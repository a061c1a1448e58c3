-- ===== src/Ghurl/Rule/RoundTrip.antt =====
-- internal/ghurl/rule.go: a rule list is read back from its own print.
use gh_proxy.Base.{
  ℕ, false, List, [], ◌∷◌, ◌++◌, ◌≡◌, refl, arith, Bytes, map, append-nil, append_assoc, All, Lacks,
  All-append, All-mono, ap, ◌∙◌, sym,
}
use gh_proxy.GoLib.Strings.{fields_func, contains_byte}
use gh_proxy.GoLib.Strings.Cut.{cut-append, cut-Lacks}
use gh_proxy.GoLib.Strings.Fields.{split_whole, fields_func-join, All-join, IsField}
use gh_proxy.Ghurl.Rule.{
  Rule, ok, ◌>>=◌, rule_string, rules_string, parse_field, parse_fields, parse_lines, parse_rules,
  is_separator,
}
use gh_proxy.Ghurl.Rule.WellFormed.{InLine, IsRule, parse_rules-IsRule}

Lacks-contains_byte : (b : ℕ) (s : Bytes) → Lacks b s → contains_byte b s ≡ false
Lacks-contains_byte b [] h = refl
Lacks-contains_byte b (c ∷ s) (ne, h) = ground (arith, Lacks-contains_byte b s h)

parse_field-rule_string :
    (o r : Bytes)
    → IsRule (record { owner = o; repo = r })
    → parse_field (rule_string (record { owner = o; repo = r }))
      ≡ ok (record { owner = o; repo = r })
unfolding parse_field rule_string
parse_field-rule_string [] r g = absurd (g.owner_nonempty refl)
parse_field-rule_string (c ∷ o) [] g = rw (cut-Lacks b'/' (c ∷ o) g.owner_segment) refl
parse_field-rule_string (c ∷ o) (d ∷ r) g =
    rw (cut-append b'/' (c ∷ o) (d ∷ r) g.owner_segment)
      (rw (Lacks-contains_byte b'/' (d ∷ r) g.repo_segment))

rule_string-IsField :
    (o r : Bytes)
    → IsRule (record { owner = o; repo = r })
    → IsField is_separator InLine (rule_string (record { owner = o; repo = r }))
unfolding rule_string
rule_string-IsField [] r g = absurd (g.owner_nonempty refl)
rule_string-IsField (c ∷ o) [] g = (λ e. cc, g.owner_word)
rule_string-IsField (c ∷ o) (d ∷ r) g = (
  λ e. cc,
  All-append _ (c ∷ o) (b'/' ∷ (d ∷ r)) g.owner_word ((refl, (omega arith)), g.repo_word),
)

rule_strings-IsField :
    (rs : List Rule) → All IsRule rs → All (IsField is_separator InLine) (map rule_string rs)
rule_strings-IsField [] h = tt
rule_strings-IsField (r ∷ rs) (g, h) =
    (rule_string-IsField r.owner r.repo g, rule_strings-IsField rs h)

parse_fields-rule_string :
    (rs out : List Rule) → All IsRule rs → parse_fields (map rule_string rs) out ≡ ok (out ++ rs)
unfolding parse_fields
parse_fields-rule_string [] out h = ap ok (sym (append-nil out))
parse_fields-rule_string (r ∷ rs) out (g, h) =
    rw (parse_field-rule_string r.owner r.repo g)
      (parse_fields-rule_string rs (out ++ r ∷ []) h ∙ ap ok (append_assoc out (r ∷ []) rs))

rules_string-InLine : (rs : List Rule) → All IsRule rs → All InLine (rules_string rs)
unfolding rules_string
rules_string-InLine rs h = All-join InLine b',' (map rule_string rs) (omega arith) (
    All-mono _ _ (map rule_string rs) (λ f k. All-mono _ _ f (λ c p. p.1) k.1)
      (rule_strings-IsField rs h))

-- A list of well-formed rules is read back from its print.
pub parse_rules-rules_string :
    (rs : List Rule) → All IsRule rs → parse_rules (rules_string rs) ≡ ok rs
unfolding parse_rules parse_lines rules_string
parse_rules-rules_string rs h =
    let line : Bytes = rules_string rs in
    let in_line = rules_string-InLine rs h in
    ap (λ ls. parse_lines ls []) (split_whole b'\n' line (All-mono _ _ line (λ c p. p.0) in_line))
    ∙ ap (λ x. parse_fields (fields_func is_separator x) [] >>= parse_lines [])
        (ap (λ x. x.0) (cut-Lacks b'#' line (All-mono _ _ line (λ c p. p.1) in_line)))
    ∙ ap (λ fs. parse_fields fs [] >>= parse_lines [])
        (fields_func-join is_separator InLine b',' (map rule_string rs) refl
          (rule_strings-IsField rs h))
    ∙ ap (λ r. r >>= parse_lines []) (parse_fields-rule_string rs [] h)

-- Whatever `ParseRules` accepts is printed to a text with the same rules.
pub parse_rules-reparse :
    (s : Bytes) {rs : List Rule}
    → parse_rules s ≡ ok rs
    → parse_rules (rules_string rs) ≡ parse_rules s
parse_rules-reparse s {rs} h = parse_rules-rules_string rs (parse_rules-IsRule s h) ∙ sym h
---
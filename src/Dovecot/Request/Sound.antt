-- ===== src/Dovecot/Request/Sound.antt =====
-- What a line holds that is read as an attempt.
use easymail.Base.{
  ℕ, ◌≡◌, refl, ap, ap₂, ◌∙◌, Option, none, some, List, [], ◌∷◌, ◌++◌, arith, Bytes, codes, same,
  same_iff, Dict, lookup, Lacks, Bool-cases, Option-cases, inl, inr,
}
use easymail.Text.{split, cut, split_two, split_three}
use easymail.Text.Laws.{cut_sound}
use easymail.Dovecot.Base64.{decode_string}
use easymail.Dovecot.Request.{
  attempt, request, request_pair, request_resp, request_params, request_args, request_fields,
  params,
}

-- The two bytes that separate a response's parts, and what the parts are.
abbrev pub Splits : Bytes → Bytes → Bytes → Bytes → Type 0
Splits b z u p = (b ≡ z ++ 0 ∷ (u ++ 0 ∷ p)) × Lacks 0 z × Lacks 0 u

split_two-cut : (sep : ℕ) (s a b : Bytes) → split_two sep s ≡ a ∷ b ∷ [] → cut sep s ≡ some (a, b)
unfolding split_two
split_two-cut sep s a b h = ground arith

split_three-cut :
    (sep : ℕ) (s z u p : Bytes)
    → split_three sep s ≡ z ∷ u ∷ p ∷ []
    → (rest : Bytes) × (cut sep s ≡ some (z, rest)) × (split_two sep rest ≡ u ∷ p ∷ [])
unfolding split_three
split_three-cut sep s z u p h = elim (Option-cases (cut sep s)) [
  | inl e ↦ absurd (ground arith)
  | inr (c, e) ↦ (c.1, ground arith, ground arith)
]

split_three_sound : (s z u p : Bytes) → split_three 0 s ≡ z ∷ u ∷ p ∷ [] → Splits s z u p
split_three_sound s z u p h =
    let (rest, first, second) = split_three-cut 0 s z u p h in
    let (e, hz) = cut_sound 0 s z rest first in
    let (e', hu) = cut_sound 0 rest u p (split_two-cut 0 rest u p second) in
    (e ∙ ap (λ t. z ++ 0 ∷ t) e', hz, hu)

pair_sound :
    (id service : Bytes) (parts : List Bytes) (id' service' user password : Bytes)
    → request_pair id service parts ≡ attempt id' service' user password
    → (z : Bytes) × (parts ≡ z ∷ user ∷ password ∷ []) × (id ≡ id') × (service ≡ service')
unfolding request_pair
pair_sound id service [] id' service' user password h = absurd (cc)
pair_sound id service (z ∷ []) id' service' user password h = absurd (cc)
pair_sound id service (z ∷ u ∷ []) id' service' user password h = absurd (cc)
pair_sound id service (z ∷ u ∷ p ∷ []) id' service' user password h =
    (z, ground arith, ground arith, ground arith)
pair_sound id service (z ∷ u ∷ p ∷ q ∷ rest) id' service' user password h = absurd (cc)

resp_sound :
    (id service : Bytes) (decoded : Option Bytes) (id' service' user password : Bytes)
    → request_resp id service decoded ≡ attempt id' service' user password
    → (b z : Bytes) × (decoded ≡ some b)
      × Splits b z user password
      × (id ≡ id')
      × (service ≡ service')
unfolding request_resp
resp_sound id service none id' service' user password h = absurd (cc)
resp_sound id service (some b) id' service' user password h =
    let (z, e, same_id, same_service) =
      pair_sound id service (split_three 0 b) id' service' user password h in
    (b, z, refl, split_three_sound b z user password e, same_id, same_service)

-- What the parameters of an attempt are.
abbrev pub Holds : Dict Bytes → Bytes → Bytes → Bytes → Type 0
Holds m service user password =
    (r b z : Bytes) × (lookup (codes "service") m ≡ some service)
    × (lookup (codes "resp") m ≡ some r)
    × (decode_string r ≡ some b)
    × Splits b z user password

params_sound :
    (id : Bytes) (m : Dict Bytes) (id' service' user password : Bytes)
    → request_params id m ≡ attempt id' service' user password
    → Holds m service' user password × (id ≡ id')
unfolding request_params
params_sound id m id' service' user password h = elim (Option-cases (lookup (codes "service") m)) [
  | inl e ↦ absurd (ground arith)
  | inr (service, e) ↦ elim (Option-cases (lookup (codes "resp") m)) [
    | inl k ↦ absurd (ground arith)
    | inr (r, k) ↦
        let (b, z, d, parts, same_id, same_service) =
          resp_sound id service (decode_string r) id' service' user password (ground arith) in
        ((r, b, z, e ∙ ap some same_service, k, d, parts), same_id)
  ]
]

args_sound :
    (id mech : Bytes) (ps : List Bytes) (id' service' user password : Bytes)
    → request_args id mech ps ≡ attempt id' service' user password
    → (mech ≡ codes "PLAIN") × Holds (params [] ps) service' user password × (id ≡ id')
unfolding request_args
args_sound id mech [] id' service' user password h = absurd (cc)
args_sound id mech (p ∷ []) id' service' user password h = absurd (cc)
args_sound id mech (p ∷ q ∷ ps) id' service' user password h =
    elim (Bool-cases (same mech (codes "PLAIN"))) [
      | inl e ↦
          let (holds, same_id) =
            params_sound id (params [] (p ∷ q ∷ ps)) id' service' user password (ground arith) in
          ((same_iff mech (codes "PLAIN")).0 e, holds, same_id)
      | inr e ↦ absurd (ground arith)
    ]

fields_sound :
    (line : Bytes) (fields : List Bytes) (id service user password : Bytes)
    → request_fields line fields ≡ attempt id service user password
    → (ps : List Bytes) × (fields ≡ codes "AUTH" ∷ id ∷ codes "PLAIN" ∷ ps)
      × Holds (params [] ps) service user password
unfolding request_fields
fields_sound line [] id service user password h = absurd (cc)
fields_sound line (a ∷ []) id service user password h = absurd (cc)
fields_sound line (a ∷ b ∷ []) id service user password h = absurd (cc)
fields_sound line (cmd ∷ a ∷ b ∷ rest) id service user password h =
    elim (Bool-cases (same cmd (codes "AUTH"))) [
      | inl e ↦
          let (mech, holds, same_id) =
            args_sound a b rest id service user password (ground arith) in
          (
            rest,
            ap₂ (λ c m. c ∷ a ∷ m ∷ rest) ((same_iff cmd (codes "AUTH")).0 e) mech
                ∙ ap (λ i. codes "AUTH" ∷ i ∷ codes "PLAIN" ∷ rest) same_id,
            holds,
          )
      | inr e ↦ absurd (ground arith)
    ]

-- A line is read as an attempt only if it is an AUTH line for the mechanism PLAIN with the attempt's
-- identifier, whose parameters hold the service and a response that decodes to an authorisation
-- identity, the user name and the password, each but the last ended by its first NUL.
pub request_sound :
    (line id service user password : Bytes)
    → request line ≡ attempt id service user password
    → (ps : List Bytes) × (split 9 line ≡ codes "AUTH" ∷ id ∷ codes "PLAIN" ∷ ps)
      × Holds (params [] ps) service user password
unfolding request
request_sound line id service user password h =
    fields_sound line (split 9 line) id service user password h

-- WORK ORDER --
In the listing above, the lines from the one containing "rule_strings-IsField (r ∷" through the one containing "parse_rules-rules_string rs h" must be set down exactly, with no other lines.

-- FINISHED EXERCISE --
rule_strings-IsField (r ∷ rs) (g, h) =
    (rule_string-IsField r.owner r.repo g, rule_strings-IsField rs h)

parse_fields-rule_string :
    (rs out : List Rule) → All IsRule rs → parse_fields (map rule_string rs) out ≡ ok (out ++ rs)
unfolding parse_fields
parse_fields-rule_string [] out h = ap ok (sym (append-nil out))
parse_fields-rule_string (r ∷ rs) out (g, h) =
    rw (parse_field-rule_string r.owner r.repo g)
      (parse_fields-rule_string rs (out ++ r ∷ []) h ∙ ap ok (append_assoc out (r ∷ []) rs))

rules_string-InLine : (rs : List Rule) → All IsRule rs → All InLine (rules_string rs)
unfolding rules_string
rules_string-InLine rs h = All-join InLine b',' (map rule_string rs) (omega arith) (
    All-mono _ _ (map rule_string rs) (λ f k. All-mono _ _ f (λ c p. p.1) k.1)
      (rule_strings-IsField rs h))

-- A list of well-formed rules is read back from its print.
pub parse_rules-rules_string :
    (rs : List Rule) → All IsRule rs → parse_rules (rules_string rs) ≡ ok rs
unfolding parse_rules parse_lines rules_string
parse_rules-rules_string rs h =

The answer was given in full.